Exercise details
Take each line in the entries below that holds "ends" and show it.

____ Source material

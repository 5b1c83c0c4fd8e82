-- ===== src/Contract/Consistent/Cores.antt =====
-- contracts/stream/src/storage.rs: a stream that is saved, stored, removed or handed over, with the two
-- indexes: the consistency of what the writes make of the core.
use sorostream_contracts.Prelude.{
  ℕ, ◌≡◌, ap, sym, ◌∙◌, subst, Option, none, some, ◌==◌, update, update-update, update_self,
  Bool-cases, inl, inr, ==→eq,
}
use sorostream_contracts.Types.{Address, Stream}
use sorostream_contracts.Env.{Slots}
use sorostream_contracts.Storage.Index.{append_id, remove_id}
use sorostream_contracts.Storage.Index.Listed.{
  IsListed, saved-IsListed, added-IsListed, dropped-IsListed,
}
use sorostream_contracts.Contract.Frames.{Core}
use sorostream_contracts.Contract.Consistent.{sender_of, recipient_of, IsConsistent, SameParties}

update-own_id :
    (streams : ℕ → Option Stream) (k : ℕ) (v : Option Stream)
    → ((id : ℕ) (s : Stream) → streams id ≡ some s → s.id ≡ id)
    → ((s : Stream) → v ≡ some s → s.id ≡ k)
    → (id : ℕ) (s : Stream) → update streams k v id ≡ some s
    → s.id ≡ id
update-own_id streams k v h new id s e = elim (Bool-cases (k == id)) [
  | inl here ↦ new s (rw here at e) ∙ ==→eq k id here
  | inr there ↦ h id s (rw there at e)
]

some_id : (t s : Stream) → some t ≡ some s → s.id ≡ t.id
some_id t s e = let same : t ≡ s = cc in ap (λ x. x.id) (sym same)

module _ (c : Core) (h : IsConsistent c) where
  pub saved :
      (id : ℕ) (s t : Stream)
      → c.streams id ≡ some s
      → SameParties s t
      → IsConsistent (record c { streams = update c.streams t.id (some t) })
  saved id s t found (same_id, same_sender, same_recipient) =
      let at : c.streams t.id ≡ some s = ap c.streams (same_id ∙ h.own_id id s found) ∙ found in
      record {
        own_id = update-own_id c.streams t.id (some t) h.own_id (some_id t);
        senders = saved-IsListed sender_of c.streams c.by_sender h.senders t.id s t at same_sender;
        recipients =
            saved-IsListed recipient_of c.streams c.by_recipient h.recipients t.id s t at
              same_recipient;
        fee_in = h.fee_in;
        pending_in = h.pending_in;
      }

  pub dropped :
      (id : ℕ) (s : Stream)
      → c.streams id ≡ some s
      → IsConsistent (record c {
        streams = update c.streams id none;
        by_sender = remove_id c.by_sender s.sender id;
        by_recipient = remove_id c.by_recipient s.recipient id;
      })
  dropped id s found = record {
    own_id = update-own_id c.streams id none h.own_id (λ t e. cc);
    senders = dropped-IsListed sender_of c.streams c.by_sender h.senders id s found;
    recipients = dropped-IsListed recipient_of c.streams c.by_recipient h.recipients id s found;
    fee_in = h.fee_in;
    pending_in = h.pending_in;
  }

  pub added :
      (t : Stream) {a b : Slots}
      → c.streams t.id ≡ none
      → append_id c.by_sender t.sender t.id ≡ some a
      → append_id c.by_recipient t.recipient t.id ≡ some b
      → IsConsistent
          (record c { streams = update c.streams t.id (some t); by_sender = a; by_recipient = b })
  added t free listed_sender listed_recipient = record {
    own_id = update-own_id c.streams t.id (some t) h.own_id (some_id t);
    senders = added-IsListed sender_of c.streams c.by_sender h.senders t.id t free listed_sender;
    recipients =
        added-IsListed recipient_of c.streams c.by_recipient h.recipients t.id t free
          listed_recipient;
    fee_in = h.fee_in;
    pending_in = h.pending_in;
  }

  -- The list of the old recipient loses the identifier before that of the new one gets it.
  pub handed_over :
      (id : ℕ) (s t : Stream) {b : Slots}
      → c.streams id ≡ some s
      → t.id ≡ s.id
      → t.sender ≡ s.sender
      → append_id (remove_id c.by_recipient s.recipient id) t.recipient id ≡ some b
      → IsConsistent (record c { streams = update c.streams t.id (some t); by_recipient = b })
  handed_over id s t {b} found same_id same_sender listed =
      let place : t.id ≡ id = same_id ∙ h.own_id id s found in
      let at : c.streams t.id ≡ some s = ap c.streams place ∙ found in
      record {
        own_id = update-own_id c.streams t.id (some t) h.own_id (some_id t);
        senders = saved-IsListed sender_of c.streams c.by_sender h.senders t.id s t at same_sender;
        recipients =
            subst (λ m. (a : Address) → IsListed recipient_of m b a)
              (update-update c.streams id none (some t)
                ∙ ap (λ k. update c.streams k (some t)) (sym place))
              (added-IsListed recipient_of (update c.streams id none)
                (remove_id c.by_recipient s.recipient id)
                (dropped-IsListed recipient_of c.streams c.by_recipient h.recipients id s found) id
                t (update_self c.streams id none) listed);
        fee_in = h.fee_in;
        pending_in = h.pending_in;
      }
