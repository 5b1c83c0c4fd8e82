-- ===== src/Contract/Sound/Withdraw.antt =====
-- contracts/stream/src/lib.rs, `withdraw`: the accounting invariant.
use sorostream_contracts.Prelude.{
  ℕ, ◌+◌, ◌-◌, ◌*◌, ◌≤◌, ◌≡◌, refl, ap, ◌∙◌, true, min, arith, leb, if◌then◌else◌, leb→le,
}
use sorostream_contracts.Prelude.Int.{ℤ, pos, ltb_ℤ}
use sorostream_contracts.Prelude.Machine.{
  checked_add_i128-eq, checked_sub_u64-eq, checked_add_u64-eq,
}
use sorostream_contracts.Types.{Address, Stream, is_active, overflow, Event}
use sorostream_contracts.Call.{pure, modify, ◌>>=◌, ◌>>◌}
use sorostream_contracts.Call.Rules.{
  Ensures, Ensures-bind, Ensures-pure, Ensures-gets, Ensures-or_err, Ensures-or_panic,
  Ensures-fail_if, Ensures-modify, Ensures-modify_last, Ensures-if,
}
use sorostream_contracts.Call.Unchanged.{Unchanged, unchanged_rules}
use sorostream_contracts.Env.{Env, World, Exec, publish, try_invoke}
use sorostream_contracts.Storage.Streams.{load_stream, save_stream}
use sorostream_contracts.Storage.Index.{unindex_by_sender, unindex_by_recipient}
use sorostream_contracts.Vesting.Bounds.{elapsed}
use sorostream_contracts.Contract.Payment.{add_withdrawn, pay_fee_announced}
use sorostream_contracts.Contract.Withdraw.{
  withdraw, claim, finish_cycle, renew, fail_renewal, complete, refund_dust, renew_if_funded,
}
use sorostream_contracts.Contract.Frames.{
  core_of, streams_of, is_paused_or_auto_unpause-core, require_auth-core, transfer-core,
  pay_claim-core, pay_fee_announced-core, guard_deposit-core,
}
use sorostream_contracts.Contract.Sound.{
  IsSound, AllSound, claimed_active-IsSound, active-not_paused, active-live, not-false,
  claimable_due, save_stream-AllSound, remove_stream-AllSound, pass,
}

-- A new cycle of a stream whose time is over.
abbrev pub renewed : Stream → ℕ → Stream
renewed s new_end = record s {
  start_time = s.end_time;
  end_time = new_end;
  last_withdraw_time = s.end_time;
  total_withdrawn = pos 0;
}

renewed-IsSound :
    (now : ℕ) (s : Stream) (h : IsSound now s)
    → is_active s.status ≡ true
    → s.end_time ≤ now
    → IsSound now (renewed s (s.end_time + (s.end_time - s.start_time)))
renewed-IsSound now s h act over = record {
  rate = h.rate;
  deposited = h.deposited;
  withdrawn = 0;
  rate_eq = h.rate_eq;
  deposit_eq = h.deposit_eq;
  withdrawn_eq = refl;
  rate_pos = h.rate_pos;
  started = omega arith;
  not_over = omega arith;
  not_ahead = over;
  pause_after = λ p. absurd (active-not_paused s.status act p);
  withdrawn_le = omega arith;
  covered =
      let span : s.end_time + (s.end_time - s.start_time) - s.end_time ≡ s.end_time - s.start_time =
        omega arith in
      rw span h.covered;
}

module _ {C : Type 0} (env : Env C) where
  abbrev pub SoundAfter : {A : Type 0} → A → World C → Type 0
  SoundAfter a w = AllSound env.timestamp (streams_of w)

  pub renew-AllSound :
      (s : Stream) (w : World C)
      → AllSound env.timestamp (streams_of w)
      → IsSound env.timestamp s
      → is_active s.status ≡ true
      → s.end_time ≤ env.timestamp
      → Ensures (renew env s (s.end_time - s.start_time)) w SoundAfter
  unfolding renew
  renew-AllSound s w h sound act over = pass (require_auth-core env s.sender) h λ _ w₁ h₁.
      pass (transfer-core env s.token s.sender env.current_contract s.deposit) h₁ λ _ w₂ h₂.
        Ensures-or_err _ λ new_end e. Ensures-modify_last _ (
          save_stream-AllSound env.timestamp (renewed s new_end) w₂ h₂ (λ live.
            rw (checked_add_u64-eq s.end_time (s.end_time - s.start_time) e)
              (renewed-IsSound env.timestamp s sound act over)))

  refund_dust-core : (s : Stream) (n : ℤ) → Unchanged core_of (refund_dust env s n)
  unfolding refund_dust
  refund_dust-core s n = search (unchanged_rules, transfer-core)

  pub complete-AllSound :
      (s : Stream) (id : ℕ) (dust : ℤ) (w : World C)
      → AllSound env.timestamp (streams_of w)
      → Ensures (complete env s id dust) w SoundAfter
  unfolding complete publish unindex_by_sender unindex_by_recipient
  complete-AllSound s id dust w h = pass (refund_dust-core s dust) h λ _ w₁ h₁. Ensures-modify _ (
      Ensures-modify _
        (Ensures-modify _ (Ensures-modify_last _ (remove_stream-AllSound env.timestamp id _ h₁))))

  fail_renewal-AllSound :
      (s : Stream) (id : ℕ) (dust : ℤ) (w : World C)
      → AllSound env.timestamp (streams_of w)
      → Ensures (fail_renewal env s id dust) w SoundAfter
  unfolding fail_renewal publish
  fail_renewal-AllSound s id dust w h = Ensures-modify _ (
      pass {w = publish _ w} (refund_dust-core s dust) h λ _ w₁ h₁. Ensures-modify _ (
        Ensures-modify_last _
          (save_stream-AllSound env.timestamp _ (publish _ w₁) h₁ (λ live. cc))))

  finish_cycle-AllSound :
      (s : Stream) (id : ℕ) (w : World C)
      → AllSound env.timestamp (streams_of w)
      → IsSound env.timestamp s
      → is_active s.status ≡ true
      → s.end_time ≤ env.timestamp
      → Ensures (finish_cycle env s id) w SoundAfter
  unfolding finish_cycle renew_if_funded
  finish_cycle-AllSound s id w h sound act over = Ensures-or_panic λ duration e.
      let renewal : Ensures (renew env s duration) w SoundAfter =
        rw (checked_sub_u64-eq s.end_time s.start_time e) (renew-AllSound s w h sound act over) in
      Ensures-if s.auto_renew
        (λ auto. Ensures-gets _ _ (
          Ensures-if (ltb_ℤ (env.token_balance s.token s.sender w.chain) s.deposit)
            (λ poor. fail_renewal-AllSound s id _ w h) (λ rich. renewal)))
        (λ once. complete-AllSound s id _ w h)

  -- What `add_withdrawn` answers for amounts that are not negative.
  pub add_withdrawn-eq :
      (s : Stream) (t n : ℕ) (w : World C)
      → s.total_withdrawn ≡ pos t
      → Ensures
          (add_withdrawn s (pos n))
          w
          (λ paid w'. (paid ≡ record s { total_withdrawn = pos (t + n) }) × (w' ≡ w))
  unfolding add_withdrawn
  add_withdrawn-eq s t n w e = Ensures-or_err overflow λ total p.
      Ensures-pure _
        (ap (λ x. record s { total_withdrawn = x }) (checked_add_i128-eq t n (rw e at p)).0, refl)

  claim-AllSound :
      (s : Stream) (id : ℕ) (r : Address) (t n : ℕ) (w : World C)
      → AllSound env.timestamp (streams_of w)
      → s.total_withdrawn ≡ pos t
      → Ensures (claim env s id r (pos n)) w (λ paid w'.
        (paid ≡ record s { total_withdrawn = pos (t + n) })
        × AllSound env.timestamp (streams_of w'))
  unfolding claim try_invoke
  claim-AllSound s id r t n w h e = pass (guard_deposit-core s (pos n)) h λ _ w₁ h₁.
      pass (pay_claim-core env (pay_fee_announced) s id r (pos n) (pay_fee_announced-core env s id))
        h₁
        λ amount w₂ h₂.
          Ensures-bind _ (add_withdrawn-eq s t n w₂ e)
            λ paid w₃ q. Ensures-modify _ (Ensures-pure _ (q.0, rw q.1 h₂))

  abbrev settle : Stream → ℕ → Exec C (Unit {0})
  settle s id =
      if leb s.end_time env.timestamp then finish_cycle env s id else modify (save_stream s)

  settle-AllSound :
      (s : Stream) (id : ℕ) (w : World C)
      → AllSound env.timestamp (streams_of w)
      → IsSound env.timestamp s
      → is_active s.status ≡ true
      → Ensures (settle s id) w SoundAfter
  settle-AllSound s id w h sound act =
      Ensures-if (leb s.end_time env.timestamp)
        (λ over. finish_cycle-AllSound s id w h sound act (leb→le _ _ over))
        (λ early. Ensures-modify_last _ (save_stream-AllSound env.timestamp s w h (λ live. sound)))

  abbrev claim_if : Stream → ℕ → Address → ℤ → Exec C Stream
  claim_if s id r n = if ltb_ℤ (pos 0) n then claim env s id r n else pure s

  claim_if-AllSound :
      (s : Stream) (id : ℕ) (r : Address) (t n : ℕ) (w : World C)
      → AllSound env.timestamp (streams_of w)
      → s.total_withdrawn ≡ pos t
      → Ensures (claim_if s id r (pos n)) w (λ paid w'.
        (paid ≡ record s { total_withdrawn = pos (t + n) })
        × AllSound env.timestamp (streams_of w'))
  claim_if-AllSound s id r t n w h e =
      Ensures-if (ltb_ℤ (pos 0) (pos n)) (λ some_due. claim-AllSound s id r t n w h e)
        (λ none_due.
          let same : s.total_withdrawn ≡ pos (t + n) = e ∙ ap pos (ground arith) in
          Ensures-pure s (ap (λ x. record s { total_withdrawn = x }) same, h))

  -- From the claim on: the payment, the settlement and the event.
  settled-AllSound :
      (s : Stream) (id : ℕ) (r : Address) (n : ℕ) (c : ℤ) (w : World C) (e : Event)
      (sound : IsSound env.timestamp s)
      → c ≡ pos n
      → AllSound env.timestamp (streams_of w)
      → is_active s.status ≡ true
      → n ≤ sound.rate * elapsed env.timestamp s.end_time s.last_withdraw_time
      → Ensures
          (claim_if s id r c >>= λ paid.
            settle (record paid { last_withdraw_time = min env.timestamp s.end_time }) id
            >> modify (publish e))
          w
          SoundAfter
  unfolding publish
  settled-AllSound s id r n c w e sound amount h act le = rw amount (
      Ensures-bind _ (claim_if-AllSound s id r sound.withdrawn n w h sound.withdrawn_eq)
        λ paid w₁ q. rw q.0 (
          Ensures-bind (λ _ w'. AllSound env.timestamp (streams_of w'))
            (settle-AllSound _ id w₁ q.1 (claimed_active-IsSound env.timestamp n s sound act le)
              act)
            λ _ w₂ h₂. Ensures-modify_last _ h₂))

  -- If all stored streams are sound at the time of the call, then they are after a call of
  -- withdraw that returns, whether it pays, renews, fails to renew or completes the stream.
  pub withdraw-AllSound :
      (id : ℕ) (r : Address) (w : World C)
      → AllSound env.timestamp (streams_of w)
      → Ensures (withdraw env id r) w SoundAfter
  unfolding withdraw load_stream publish
  withdraw-AllSound id r w h = pass (is_paused_or_auto_unpause-core env) h λ _ w₁ h₁.
      Ensures-fail_if _ λ _. pass (require_auth-core env r) h₁ λ _ w₂ h₂. Ensures-gets _ _ (
        Ensures-or_err _ λ s found. Ensures-fail_if _ λ _. Ensures-fail_if _ λ act.
          Ensures-fail_if _ λ _. Ensures-gets _ _ (
            Ensures-fail_if _ λ _. Ensures-or_err _ λ c due.
              let active = not-false _ act in
              let sound = (h₂.each id s found).1 (active-live s.status active) in
              let (n, amount, le) = claimable_due env.timestamp env.timestamp s sound due in
              settled-AllSound s id r n c w₂ _ sound amount h₂ active le))
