-- ===== src/Contract/Sound/Create.antt =====
-- contracts/stream/src/lib.rs, `create_stream` and `batch_create_stream`: the accounting invariant.
use sorostream_contracts.Prelude.{
  ℕ, suc, ◌+◌, ◌-◌, ◌/◌, ◌<◌, ◌≡◌, refl, Bool, false, some, length, List, [], ◌∷◌, arith,
}
use sorostream_contracts.Prelude.Int.{ℤ, pos, leb_ℤ, pos_part}
use sorostream_contracts.Prelude.Machine.{div_i128, checked_add_u64-eq}
use native.Mathlib.Nat.{div-mul-le_self}
use sorostream_contracts.Types.{Address, Stream}
use sorostream_contracts.Call.Rules.{
  Ensures, Ensures-bind, Ensures-weaken, Ensures-pure, Ensures-gets, Ensures-or_err,
  Ensures-or_panic, Ensures-fail_if, Ensures-modify, Ensures-modify_last,
}
use sorostream_contracts.Call.Unchanged.{Unchanged, Unchanged-when, unchanged_rules}
use sorostream_contracts.Env.{Env, World, publish}
use sorostream_contracts.Storage.Access.{mark_nonce_used}
use sorostream_contracts.Contract.Create.{
  CreateArgs, new_stream, is_zero, store_new, charge_creation_fee, create_stream, BatchItem,
  zip_batch, check_batch, create_each, batch_args, batch_create_stream,
}
use sorostream_contracts.Contract.Frames.{
  core_of, streams_of, is_paused_or_auto_unpause-core, require_auth-core, transfer-core,
  publish-core, index_by_sender-streams, index_by_recipient-streams, index_global_stream-core,
  increment_batch_nonce-core,
}
use sorostream_contracts.Contract.Sound.{
  IsSound, AllSound, save_stream-AllSound, pass, pass_streams,
}
use sorostream_contracts.Contract.Sound.Withdraw.{SoundAfter}

positive : (a : ℤ) → leb_ℤ a (pos 0) ≡ false → a ≡ pos (pos_part a)
positive (pos n) h = refl
positive (ℤ.negsuc n) h = absurd (ground arith)

pub div_i128-pos :
    (a d : ℕ) {f : ℤ} → div_i128 (pos a) (pos d) ≡ some f → (f ≡ pos (a / d)) × (0 < d)
unfolding div_i128
div_i128-pos a d e = (ground arith, ground arith)

-- What the checks on an amount give: it is a number, and its rate is positive.
unfoldable pub Fundable : ℕ → ℤ → Type 0
Fundable duration amount = (a : ℕ) × (amount ≡ pos a) × (0 < a / duration)

positive_rate : (f : ℤ) (k : ℕ) → f ≡ pos k → is_zero f ≡ false → 0 < k
positive_rate f k e h = let z : is_zero (pos k) ≡ false = rw e at h in ground arith

pub Fundable-checks :
    (d : ℕ) (amount f : ℤ)
    → leb_ℤ amount (pos 0) ≡ false
    → div_i128 amount (pos d) ≡ some f
    → is_zero f ≡ false
    → Fundable d amount
unfolding Fundable
Fundable-checks d amount f some_due e nonzero =
    let is_pos = positive amount some_due in
    let rate : f ≡ pos (pos_part amount / d) =
      (div_i128-pos (pos_part amount) d (rw is_pos at e)).0 in
    (pos_part amount, is_pos, positive_rate f _ rate nonzero)

new_stream-IsSound :
    (args : CreateArgs) (id : ℕ) (f : ℤ) (now cliff end_time : ℕ)
    → Fundable args.duration_seconds args.amount
    → div_i128 args.amount (pos args.duration_seconds) ≡ some f
    → end_time ≡ now + args.duration_seconds
    → IsSound now (new_stream args id f now cliff end_time)
unfolding Fundable
new_stream-IsSound args id f now cliff end_time (a, is_pos, rate_pos) e ends =
    let d = args.duration_seconds in
    record {
      rate = a / d;
      deposited = a;
      withdrawn = 0;
      rate_eq = (div_i128-pos a d (rw is_pos at e)).0;
      deposit_eq = is_pos;
      withdrawn_eq = refl;
      rate_pos = rate_pos;
      started = omega arith;
      not_over = omega arith;
      not_ahead = omega arith;
      pause_after = λ p. cc;
      withdrawn_le = omega arith;
      covered = let span : end_time - now ≡ d = omega arith in rw span (div-mul-le_self a d);
    }

module _ {C : Type 0} (env : Env C) where
  store_new-AllSound :
      (s : Stream) (w : World C)
      → AllSound env.timestamp (streams_of w)
      → IsSound env.timestamp s
      → Ensures (store_new env s) w (SoundAfter env)
  unfolding store_new publish
  store_new-AllSound s w h sound = Ensures-modify _ (
      pass_streams (index_by_sender-streams s.sender s.id)
        (save_stream-AllSound env.timestamp s w h (λ live. sound))
        λ _ w₁ h₁.
          pass_streams (index_by_recipient-streams s.recipient s.id) h₁
            λ _ w₂ h₂. pass (index_global_stream-core s.id) h₂ λ _ w₃ h₃. Ensures-modify_last _ h₃)

  pub charge_creation_fee-core :
      (a : Address) (n : ℤ) → Unchanged core_of (charge_creation_fee env a n)
  unfolding charge_creation_fee
  charge_creation_fee-core a n = search (unchanged_rules, transfer-core, publish-core) depth 12

  -- If all stored streams are sound at the time of the call, then they are after a call of
  -- create_stream that returns.
  pub create_stream-AllSound :
      (args : CreateArgs) (w : World C)
      → AllSound env.timestamp (streams_of w)
      → Ensures (create_stream env args) w (SoundAfter env)
  unfolding create_stream mark_nonce_used
  create_stream-AllSound args w h = pass (require_auth-core env args.sender) h λ _ w₁ h₁.
      pass (is_paused_or_auto_unpause-core env) h₁ λ _ w₂ h₂. Ensures-fail_if _ λ _.
        Ensures-gets _ _ (
          Ensures-fail_if _ λ _. Ensures-fail_if _ λ some_due. Ensures-fail_if _ λ _.
            Ensures-fail_if _ λ _. Ensures-gets _ _ (
              Ensures-gets _ _ (
                Ensures-fail_if _ λ _. Ensures-gets _ _ (
                  Ensures-fail_if _ λ _. Ensures-or_panic λ f rate. Ensures-fail_if _ λ nonzero.
                    Ensures-gets _ _ (
                      Ensures-gets _ _ (
                        Ensures-fail_if _ λ _. Ensures-modify _ (
                          Ensures-or_err _ λ end_time ends. Ensures-fail_if _ λ _.
                            Ensures-or_err _ λ cliff_time _. Ensures-gets _ _ (
                              Ensures-fail_if _ λ _. Ensures-gets _ _ (
                                pass {w = mark_nonce_used args.sender args.nonce w₂}
                                  (Unchanged-when core_of _ _
                                    (charge_creation_fee-core args.sender _))
                                  h₂
                                  λ _ w₃ h₃.
                                    pass
                                      (transfer-core env args.token args.sender env.current_contract
                                        args.amount)
                                      h₃
                                      λ _ w₄ h₄.
                                        Ensures-bind _
                                          (store_new-AllSound _ w₄ h₄ (
                                            new_stream-IsSound args _ f env.timestamp cliff_time
                                              end_time
                                              (Fundable-checks args.duration_seconds args.amount f
                                                some_due rate nonzero)
                                              rate
                                              (checked_add_u64-eq env.timestamp
                                                args.duration_seconds ends)))
                                          λ _ w₅ h₅. Ensures-pure _ h₅)))))))))

-- Every amount of a batch is fundable.
abbrev AllFundable : ℕ → List ℤ → Type 0
AllFundable d [] = Unit {0}
AllFundable d (a ∷ as') = Fundable d a × AllFundable d as'

abbrev AllItemsFundable : ℕ → List BatchItem → Type 0
AllItemsFundable d [] = Unit {0}
AllItemsFundable d (x ∷ xs) = Fundable d x.amount × AllItemsFundable d xs

zip_batch-AllItemsFundable :
    (d : ℕ) (rs : List Address) (as' : List ℤ) (ts : List Address) (ls xs : List ℕ)
    → AllFundable d as'
    → AllItemsFundable d (zip_batch rs as' ts ls xs)
zip_batch-AllItemsFundable d [] as' ts ls xs h = tt
zip_batch-AllItemsFundable d (r ∷ rs) [] ts ls xs h = tt
zip_batch-AllItemsFundable d (r ∷ rs) (a ∷ as') [] ls xs h = tt
zip_batch-AllItemsFundable d (r ∷ rs) (a ∷ as') (t ∷ ts) [] xs h = tt
zip_batch-AllItemsFundable d (r ∷ rs) (a ∷ as') (t ∷ ts) (l ∷ ls) [] h = tt
zip_batch-AllItemsFundable d (r ∷ rs) (a ∷ as') (t ∷ ts) (l ∷ ls) (x ∷ xs) h =
    (h.0, zip_batch-AllItemsFundable d rs as' ts ls xs h.1)

module _ {C : Type 0} (env : Env C) where
  -- The first pass writes nothing and lets only fundable amounts through, if there are as many
  -- recipients as amounts.
  check_batch-AllFundable :
      (sender : Address) (d i : ℕ) (rs : List Address) (as' : List ℤ) (ids : List ℕ) (w : World C)
      → length rs ≡ length as'
      → AllSound env.timestamp (streams_of w)
      → Ensures
          (check_batch env sender d i rs as' ids)
          w
          (λ _ w'. AllFundable d as' × AllSound env.timestamp (streams_of w'))
  unfolding check_batch
  check_batch-AllFundable sender d i [] [] ids w e h = Ensures-pure _ (tt, h)
  check_batch-AllFundable sender d i [] (a ∷ as') ids w e h = absurd (omega arith)
  check_batch-AllFundable sender d i (r ∷ rs) [] ids w e h = absurd (omega arith)
  check_batch-AllFundable sender d i (r ∷ rs) (a ∷ as') ids w e h = Ensures-fail_if _ λ some_due.
      Ensures-or_panic λ f rate. Ensures-fail_if _ λ nonzero. Ensures-gets _ _ (
        Ensures-fail_if _ λ _. Ensures-fail_if _ λ _.
          Ensures-weaken (check_batch-AllFundable sender d (suc i) rs as' _ w (omega arith) h)
            (λ _ w' q. ((Fundable-checks d a f some_due rate nonzero, q.0), q.1)))

  create_each-AllSound :
      (sender : Address) (d : ℕ) (auto : Bool) (items : List BatchItem) (w : World C)
      → AllItemsFundable d items
      → AllSound env.timestamp (streams_of w)
      → Ensures (create_each env sender d auto (env.timestamp + d) items) w (SoundAfter env)
  unfolding create_each
  create_each-AllSound sender d auto [] w fund h = Ensures-pure _ h
  create_each-AllSound sender d auto (x ∷ items) w fund h = Ensures-or_panic λ f rate.
      pass (transfer-core env x.token sender env.current_contract x.amount) h λ _ w₁ h₁.
        Ensures-bind _
          (store_new-AllSound env _ w₁ h₁ (
            new_stream-IsSound (batch_args sender d auto x) x.stream_id f env.timestamp
              env.timestamp _ fund.0 rate refl))
          λ _ w₂ h₂.
            Ensures-bind _ (create_each-AllSound sender d auto items w₂ fund.1 h₂)
              λ ids w₃ h₃. Ensures-pure _ h₃

  -- `batch_create_stream` keeps the accounting invariant: the checks of its first pass are what its
  -- second pass relies on.
  pub batch_create_stream-AllSound :
      (sender : Address) (rs : List Address) (as' : List ℤ) (ts : List Address) (d : ℕ)
      (auto : Bool) (ls : List ℕ) (nonce : ℕ) (w : World C)
      → AllSound env.timestamp (streams_of w)
      → Ensures (batch_create_stream env sender rs as' ts d auto ls nonce) w (SoundAfter env)
  unfolding batch_create_stream
  batch_create_stream-AllSound sender rs as' ts d auto ls nonce w h =
      pass (is_paused_or_auto_unpause-core env) h λ _ w₁ h₁. Ensures-fail_if _ λ _.
        pass (require_auth-core env sender) h₁ λ _ w₂ h₂. Ensures-gets _ _ (
          Ensures-fail_if _ λ _. pass (increment_batch_nonce-core sender) h₂ λ _ w₃ h₃.
            Ensures-fail_if _ λ lengths. Ensures-or_err _ λ end_time ends. Ensures-fail_if _ λ _.
              Ensures-gets _ _ (
                Ensures-gets _ _ (
                  Ensures-or_panic λ total _. Ensures-fail_if _ λ _.
                    Ensures-bind _
                      (check_batch-AllFundable sender d 0 rs as' [] w₃ (ground arith) h₃)
                      λ ids w₄ q. rw (checked_add_u64-eq env.timestamp d ends) (
                        create_each-AllSound sender d auto _ w₄
                          (zip_batch-AllItemsFundable d rs as' ts ls ids q.0) q.1))))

________

Expected output
new_stream-IsSound args id f now cliff end_time (a, is_pos, rate_pos) e ends =
                          Ensures-or_err _ λ end_time ends. Ensures-fail_if _ λ _.
                                                args.duration_seconds ends)))
            Ensures-fail_if _ λ lengths. Ensures-or_err _ λ end_time ends. Ensures-fail_if _ λ _.
                      λ ids w₄ q. rw (checked_add_u64-eq env.timestamp d ends) (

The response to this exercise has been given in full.